* **EXERCISE DIRECTIONS**: Among the entries below, find the lines that contain the string "then". State only how many there are.

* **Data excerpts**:
───
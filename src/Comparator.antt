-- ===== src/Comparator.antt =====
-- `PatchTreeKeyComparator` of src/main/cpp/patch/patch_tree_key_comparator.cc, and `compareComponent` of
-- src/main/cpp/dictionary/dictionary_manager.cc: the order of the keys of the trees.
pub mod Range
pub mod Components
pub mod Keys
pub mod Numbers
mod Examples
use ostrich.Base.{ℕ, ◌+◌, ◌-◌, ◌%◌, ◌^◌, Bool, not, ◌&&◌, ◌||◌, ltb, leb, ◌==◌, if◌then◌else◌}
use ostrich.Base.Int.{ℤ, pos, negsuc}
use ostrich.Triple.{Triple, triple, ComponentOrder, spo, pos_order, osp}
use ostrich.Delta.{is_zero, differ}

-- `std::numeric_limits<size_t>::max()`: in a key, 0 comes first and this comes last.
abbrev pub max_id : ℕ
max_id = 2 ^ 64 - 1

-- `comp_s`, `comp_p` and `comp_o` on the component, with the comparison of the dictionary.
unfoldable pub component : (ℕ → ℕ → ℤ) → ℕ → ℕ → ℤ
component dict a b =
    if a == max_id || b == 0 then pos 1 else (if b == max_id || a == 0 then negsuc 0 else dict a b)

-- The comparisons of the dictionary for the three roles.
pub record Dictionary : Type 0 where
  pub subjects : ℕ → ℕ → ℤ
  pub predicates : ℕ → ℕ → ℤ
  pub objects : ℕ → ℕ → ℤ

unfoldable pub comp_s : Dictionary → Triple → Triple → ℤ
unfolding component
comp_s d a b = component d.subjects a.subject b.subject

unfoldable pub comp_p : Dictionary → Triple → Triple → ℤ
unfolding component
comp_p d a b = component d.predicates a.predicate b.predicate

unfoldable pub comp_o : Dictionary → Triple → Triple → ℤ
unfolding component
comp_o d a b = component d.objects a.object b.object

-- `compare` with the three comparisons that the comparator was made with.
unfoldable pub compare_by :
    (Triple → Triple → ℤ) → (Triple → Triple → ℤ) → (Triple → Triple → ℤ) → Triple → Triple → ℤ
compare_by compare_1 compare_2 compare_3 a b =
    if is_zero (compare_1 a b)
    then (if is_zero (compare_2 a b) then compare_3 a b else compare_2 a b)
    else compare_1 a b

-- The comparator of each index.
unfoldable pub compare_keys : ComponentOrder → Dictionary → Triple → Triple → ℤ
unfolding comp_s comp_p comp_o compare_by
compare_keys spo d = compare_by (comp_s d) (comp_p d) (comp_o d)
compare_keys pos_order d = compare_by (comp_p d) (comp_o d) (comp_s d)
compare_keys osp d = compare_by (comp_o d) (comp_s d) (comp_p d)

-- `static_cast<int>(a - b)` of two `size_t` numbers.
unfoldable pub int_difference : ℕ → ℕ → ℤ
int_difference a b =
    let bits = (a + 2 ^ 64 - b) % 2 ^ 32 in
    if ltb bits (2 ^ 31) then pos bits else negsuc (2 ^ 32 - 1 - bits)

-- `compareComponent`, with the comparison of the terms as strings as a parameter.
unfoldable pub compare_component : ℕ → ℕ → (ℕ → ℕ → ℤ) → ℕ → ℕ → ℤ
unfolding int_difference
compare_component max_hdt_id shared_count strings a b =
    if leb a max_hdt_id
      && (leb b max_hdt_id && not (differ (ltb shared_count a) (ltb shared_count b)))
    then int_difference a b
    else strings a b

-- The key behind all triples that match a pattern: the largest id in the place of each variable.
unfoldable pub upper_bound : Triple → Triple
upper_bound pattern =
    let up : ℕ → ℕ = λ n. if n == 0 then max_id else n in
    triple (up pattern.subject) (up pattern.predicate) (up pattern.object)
───
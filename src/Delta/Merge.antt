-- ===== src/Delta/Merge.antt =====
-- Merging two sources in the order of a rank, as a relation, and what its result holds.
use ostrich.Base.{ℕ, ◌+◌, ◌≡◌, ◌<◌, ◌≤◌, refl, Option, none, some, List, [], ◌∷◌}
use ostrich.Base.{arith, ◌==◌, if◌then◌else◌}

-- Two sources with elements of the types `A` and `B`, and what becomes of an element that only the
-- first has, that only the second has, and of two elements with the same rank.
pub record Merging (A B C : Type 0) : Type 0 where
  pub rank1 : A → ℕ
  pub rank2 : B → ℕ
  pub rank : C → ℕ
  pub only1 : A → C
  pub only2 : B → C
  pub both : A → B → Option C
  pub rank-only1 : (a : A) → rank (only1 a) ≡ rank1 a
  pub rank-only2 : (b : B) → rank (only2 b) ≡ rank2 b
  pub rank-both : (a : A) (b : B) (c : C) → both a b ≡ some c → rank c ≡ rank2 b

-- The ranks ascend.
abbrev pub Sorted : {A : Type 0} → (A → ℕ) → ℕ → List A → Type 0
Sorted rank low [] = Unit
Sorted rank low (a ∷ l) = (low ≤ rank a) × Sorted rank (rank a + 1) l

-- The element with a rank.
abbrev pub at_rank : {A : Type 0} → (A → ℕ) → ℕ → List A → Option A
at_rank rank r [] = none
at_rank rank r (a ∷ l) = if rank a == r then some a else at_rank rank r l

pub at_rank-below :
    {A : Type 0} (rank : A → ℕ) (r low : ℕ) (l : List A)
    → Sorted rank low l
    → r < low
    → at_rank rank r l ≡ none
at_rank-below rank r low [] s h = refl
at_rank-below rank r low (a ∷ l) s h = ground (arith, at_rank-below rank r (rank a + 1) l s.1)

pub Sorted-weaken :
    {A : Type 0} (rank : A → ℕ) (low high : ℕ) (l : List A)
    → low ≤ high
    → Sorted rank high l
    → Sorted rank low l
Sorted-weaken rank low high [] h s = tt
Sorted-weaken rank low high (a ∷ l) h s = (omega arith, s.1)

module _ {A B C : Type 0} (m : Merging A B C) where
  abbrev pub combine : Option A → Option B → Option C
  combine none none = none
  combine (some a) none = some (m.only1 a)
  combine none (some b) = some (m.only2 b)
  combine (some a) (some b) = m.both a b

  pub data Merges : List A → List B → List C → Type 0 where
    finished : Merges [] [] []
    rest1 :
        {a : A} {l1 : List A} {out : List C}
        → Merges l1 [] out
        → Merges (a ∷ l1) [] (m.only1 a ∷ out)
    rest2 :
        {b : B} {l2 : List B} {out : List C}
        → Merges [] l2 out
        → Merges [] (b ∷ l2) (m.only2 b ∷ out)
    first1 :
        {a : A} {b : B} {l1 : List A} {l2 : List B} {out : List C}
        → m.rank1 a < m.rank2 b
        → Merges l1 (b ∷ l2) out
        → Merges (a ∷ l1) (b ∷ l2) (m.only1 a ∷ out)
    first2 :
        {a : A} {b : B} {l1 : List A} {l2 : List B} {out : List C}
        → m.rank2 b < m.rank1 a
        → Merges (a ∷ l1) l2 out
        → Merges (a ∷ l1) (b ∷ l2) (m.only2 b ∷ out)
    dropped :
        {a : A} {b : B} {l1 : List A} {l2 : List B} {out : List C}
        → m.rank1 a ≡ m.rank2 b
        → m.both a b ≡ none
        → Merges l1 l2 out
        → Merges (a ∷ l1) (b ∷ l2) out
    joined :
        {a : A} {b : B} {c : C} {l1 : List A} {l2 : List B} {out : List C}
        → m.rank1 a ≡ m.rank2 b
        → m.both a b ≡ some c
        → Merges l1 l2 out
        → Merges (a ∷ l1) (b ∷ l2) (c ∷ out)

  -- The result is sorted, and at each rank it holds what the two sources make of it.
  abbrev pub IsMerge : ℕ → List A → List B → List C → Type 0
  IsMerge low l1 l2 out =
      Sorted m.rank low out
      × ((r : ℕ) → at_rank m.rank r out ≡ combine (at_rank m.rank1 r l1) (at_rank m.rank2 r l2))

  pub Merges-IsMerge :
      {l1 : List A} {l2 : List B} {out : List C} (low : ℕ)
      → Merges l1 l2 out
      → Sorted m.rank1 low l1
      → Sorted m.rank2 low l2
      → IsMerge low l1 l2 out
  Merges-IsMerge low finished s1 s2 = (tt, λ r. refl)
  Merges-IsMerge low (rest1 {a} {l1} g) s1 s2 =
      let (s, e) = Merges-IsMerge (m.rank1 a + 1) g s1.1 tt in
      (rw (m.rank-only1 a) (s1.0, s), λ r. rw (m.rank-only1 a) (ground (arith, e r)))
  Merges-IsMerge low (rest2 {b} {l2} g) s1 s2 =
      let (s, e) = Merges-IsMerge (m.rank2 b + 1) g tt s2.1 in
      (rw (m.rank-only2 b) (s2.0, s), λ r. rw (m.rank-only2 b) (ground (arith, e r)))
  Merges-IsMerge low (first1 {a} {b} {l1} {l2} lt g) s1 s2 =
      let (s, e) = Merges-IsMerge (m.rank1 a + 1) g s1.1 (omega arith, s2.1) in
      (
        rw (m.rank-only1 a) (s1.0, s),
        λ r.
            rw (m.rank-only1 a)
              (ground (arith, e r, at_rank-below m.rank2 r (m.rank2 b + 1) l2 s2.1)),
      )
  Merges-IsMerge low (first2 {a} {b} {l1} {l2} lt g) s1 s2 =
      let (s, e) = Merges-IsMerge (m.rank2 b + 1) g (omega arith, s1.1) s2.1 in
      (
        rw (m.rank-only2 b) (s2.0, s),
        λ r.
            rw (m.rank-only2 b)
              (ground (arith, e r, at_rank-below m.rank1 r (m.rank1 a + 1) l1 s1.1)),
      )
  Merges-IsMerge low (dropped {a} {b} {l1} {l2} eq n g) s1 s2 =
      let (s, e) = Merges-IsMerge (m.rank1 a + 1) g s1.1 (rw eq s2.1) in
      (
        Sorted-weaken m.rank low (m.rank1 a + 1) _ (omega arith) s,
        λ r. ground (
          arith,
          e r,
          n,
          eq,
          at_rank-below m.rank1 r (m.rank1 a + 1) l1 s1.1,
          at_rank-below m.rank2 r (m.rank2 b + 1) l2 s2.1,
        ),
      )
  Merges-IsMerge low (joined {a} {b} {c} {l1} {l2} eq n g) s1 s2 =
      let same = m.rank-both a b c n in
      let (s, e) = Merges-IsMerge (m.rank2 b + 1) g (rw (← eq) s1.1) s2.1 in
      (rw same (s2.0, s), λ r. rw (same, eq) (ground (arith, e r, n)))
───
* **TASK RESULT**: 8